#### [YOUR TASK]
Please copy out all lines of the entries that contain the word "split".

Dataset entries:
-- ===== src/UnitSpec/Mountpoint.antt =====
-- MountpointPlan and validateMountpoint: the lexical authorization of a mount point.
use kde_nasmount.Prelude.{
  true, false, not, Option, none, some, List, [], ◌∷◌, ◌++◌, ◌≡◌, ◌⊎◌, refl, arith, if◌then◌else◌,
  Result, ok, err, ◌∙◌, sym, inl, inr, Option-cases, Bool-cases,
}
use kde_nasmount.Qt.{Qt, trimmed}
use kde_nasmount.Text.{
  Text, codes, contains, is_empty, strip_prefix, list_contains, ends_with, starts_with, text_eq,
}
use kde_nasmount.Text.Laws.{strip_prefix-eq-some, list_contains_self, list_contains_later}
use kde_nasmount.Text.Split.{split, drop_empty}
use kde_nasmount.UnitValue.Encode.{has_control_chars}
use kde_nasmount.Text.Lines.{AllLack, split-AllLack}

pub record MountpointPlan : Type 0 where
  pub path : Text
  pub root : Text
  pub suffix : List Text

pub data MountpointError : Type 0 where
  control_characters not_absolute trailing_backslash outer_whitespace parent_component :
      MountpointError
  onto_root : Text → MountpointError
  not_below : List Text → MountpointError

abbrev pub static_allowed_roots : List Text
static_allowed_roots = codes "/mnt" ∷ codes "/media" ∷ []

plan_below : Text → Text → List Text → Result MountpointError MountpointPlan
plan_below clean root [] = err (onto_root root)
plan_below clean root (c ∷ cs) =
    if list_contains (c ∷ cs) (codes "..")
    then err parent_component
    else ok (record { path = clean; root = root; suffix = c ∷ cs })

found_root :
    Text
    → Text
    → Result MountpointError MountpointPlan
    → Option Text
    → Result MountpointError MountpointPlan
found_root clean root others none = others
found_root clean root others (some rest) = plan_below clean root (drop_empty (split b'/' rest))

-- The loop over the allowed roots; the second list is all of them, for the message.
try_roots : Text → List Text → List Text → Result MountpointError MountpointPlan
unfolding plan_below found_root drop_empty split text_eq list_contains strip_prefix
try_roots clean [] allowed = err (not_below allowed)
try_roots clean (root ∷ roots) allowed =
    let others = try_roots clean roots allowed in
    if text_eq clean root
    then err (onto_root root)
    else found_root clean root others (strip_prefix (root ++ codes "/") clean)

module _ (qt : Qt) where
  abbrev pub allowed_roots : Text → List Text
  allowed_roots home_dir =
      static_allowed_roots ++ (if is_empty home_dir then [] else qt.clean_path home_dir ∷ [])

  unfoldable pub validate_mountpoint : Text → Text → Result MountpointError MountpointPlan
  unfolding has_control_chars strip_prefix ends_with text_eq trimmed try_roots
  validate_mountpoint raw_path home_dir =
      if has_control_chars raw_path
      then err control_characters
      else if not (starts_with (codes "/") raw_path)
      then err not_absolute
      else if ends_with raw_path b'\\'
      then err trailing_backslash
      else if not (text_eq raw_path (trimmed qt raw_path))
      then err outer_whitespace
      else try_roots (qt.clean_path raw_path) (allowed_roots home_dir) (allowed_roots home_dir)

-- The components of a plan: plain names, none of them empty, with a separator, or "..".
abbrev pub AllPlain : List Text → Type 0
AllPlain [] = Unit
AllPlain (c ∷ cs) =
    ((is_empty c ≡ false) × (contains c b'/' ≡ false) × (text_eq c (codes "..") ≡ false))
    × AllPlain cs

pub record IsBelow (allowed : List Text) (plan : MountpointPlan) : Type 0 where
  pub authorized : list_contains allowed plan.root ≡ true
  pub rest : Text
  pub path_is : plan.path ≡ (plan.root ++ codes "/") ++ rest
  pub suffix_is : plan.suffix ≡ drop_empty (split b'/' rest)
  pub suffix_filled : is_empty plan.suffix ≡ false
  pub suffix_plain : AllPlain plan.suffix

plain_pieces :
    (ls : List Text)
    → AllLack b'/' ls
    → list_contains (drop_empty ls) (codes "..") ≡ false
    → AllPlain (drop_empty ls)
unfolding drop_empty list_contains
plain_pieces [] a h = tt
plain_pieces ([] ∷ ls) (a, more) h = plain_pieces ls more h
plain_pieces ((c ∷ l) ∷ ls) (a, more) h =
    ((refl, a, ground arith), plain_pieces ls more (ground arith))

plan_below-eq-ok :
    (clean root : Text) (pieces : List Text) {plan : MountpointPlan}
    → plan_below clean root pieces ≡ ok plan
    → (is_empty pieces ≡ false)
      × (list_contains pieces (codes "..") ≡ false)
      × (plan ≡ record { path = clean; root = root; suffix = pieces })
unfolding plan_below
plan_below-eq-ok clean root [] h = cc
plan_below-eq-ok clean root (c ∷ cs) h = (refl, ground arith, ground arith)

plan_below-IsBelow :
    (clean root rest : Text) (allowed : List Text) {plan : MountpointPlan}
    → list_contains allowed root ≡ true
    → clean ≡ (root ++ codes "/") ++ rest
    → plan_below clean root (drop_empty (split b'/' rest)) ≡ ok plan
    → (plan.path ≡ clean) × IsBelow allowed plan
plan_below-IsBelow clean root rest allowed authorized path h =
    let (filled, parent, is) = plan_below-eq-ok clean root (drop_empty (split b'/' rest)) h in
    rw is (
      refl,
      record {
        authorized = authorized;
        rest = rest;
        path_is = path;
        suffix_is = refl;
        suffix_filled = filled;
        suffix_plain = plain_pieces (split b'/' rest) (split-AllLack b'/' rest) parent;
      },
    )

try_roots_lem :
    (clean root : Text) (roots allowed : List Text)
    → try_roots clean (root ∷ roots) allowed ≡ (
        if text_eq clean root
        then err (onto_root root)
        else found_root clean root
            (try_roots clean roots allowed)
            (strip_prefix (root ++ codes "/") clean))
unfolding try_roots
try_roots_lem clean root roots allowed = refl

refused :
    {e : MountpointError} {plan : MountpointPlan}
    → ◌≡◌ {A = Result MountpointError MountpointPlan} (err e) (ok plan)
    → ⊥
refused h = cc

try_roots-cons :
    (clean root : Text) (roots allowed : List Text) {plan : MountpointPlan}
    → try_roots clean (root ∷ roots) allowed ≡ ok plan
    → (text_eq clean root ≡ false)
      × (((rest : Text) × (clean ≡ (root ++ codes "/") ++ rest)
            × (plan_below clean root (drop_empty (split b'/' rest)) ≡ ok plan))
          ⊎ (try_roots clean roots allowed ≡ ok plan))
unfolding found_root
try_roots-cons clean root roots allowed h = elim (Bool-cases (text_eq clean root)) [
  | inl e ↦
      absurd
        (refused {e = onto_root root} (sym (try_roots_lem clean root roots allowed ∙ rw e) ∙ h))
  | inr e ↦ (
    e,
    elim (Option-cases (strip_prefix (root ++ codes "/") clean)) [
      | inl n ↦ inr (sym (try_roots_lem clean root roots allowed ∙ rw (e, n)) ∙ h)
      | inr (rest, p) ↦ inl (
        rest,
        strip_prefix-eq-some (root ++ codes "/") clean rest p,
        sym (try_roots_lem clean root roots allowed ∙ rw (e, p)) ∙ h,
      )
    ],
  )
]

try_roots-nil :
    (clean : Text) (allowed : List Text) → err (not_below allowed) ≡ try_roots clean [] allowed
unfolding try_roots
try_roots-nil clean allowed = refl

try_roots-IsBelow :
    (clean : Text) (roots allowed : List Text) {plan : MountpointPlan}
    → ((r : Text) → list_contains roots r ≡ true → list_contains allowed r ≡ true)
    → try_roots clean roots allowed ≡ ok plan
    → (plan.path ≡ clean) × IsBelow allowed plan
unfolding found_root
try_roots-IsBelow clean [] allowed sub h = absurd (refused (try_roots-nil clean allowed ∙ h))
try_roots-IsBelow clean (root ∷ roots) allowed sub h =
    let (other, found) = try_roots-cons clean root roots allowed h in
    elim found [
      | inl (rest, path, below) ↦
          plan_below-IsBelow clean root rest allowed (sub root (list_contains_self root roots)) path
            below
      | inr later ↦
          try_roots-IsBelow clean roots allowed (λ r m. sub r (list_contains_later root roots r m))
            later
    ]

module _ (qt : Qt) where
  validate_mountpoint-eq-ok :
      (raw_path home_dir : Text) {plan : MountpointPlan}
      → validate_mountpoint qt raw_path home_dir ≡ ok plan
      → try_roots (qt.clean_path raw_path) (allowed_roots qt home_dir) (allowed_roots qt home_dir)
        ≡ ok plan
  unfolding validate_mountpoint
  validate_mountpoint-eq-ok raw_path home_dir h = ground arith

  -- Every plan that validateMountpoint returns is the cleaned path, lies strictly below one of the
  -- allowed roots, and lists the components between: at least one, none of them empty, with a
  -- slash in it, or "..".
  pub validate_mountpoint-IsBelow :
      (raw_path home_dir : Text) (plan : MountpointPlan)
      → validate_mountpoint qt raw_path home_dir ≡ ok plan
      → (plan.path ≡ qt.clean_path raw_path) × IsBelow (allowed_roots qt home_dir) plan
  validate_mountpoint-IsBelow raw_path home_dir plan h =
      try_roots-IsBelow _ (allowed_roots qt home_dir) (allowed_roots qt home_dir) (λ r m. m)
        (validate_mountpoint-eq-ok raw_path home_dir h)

#### [OUTPUT OF THE TASK]
use kde_nasmount.Text.Split.{split, drop_empty}
use kde_nasmount.Text.Lines.{AllLack, split-AllLack}
found_root clean root others (some rest) = plan_below clean root (drop_empty (split b'/' rest))
unfolding plan_below found_root drop_empty split text_eq list_contains strip_prefix
  pub suffix_is : plan.suffix ≡ drop_empty (split b'/' rest)
    → plan_below clean root (drop_empty (split b'/' rest)) ≡ ok plan
    let (filled, parent, is) = plan_below-eq-ok clean root (drop_empty (split b'/' rest)) h in
        suffix_plain = plain_pieces (split b'/' rest) (split-AllLack b'/' rest) parent;
            × (plan_below clean root (drop_empty (split b'/' rest)) ≡ ok plan))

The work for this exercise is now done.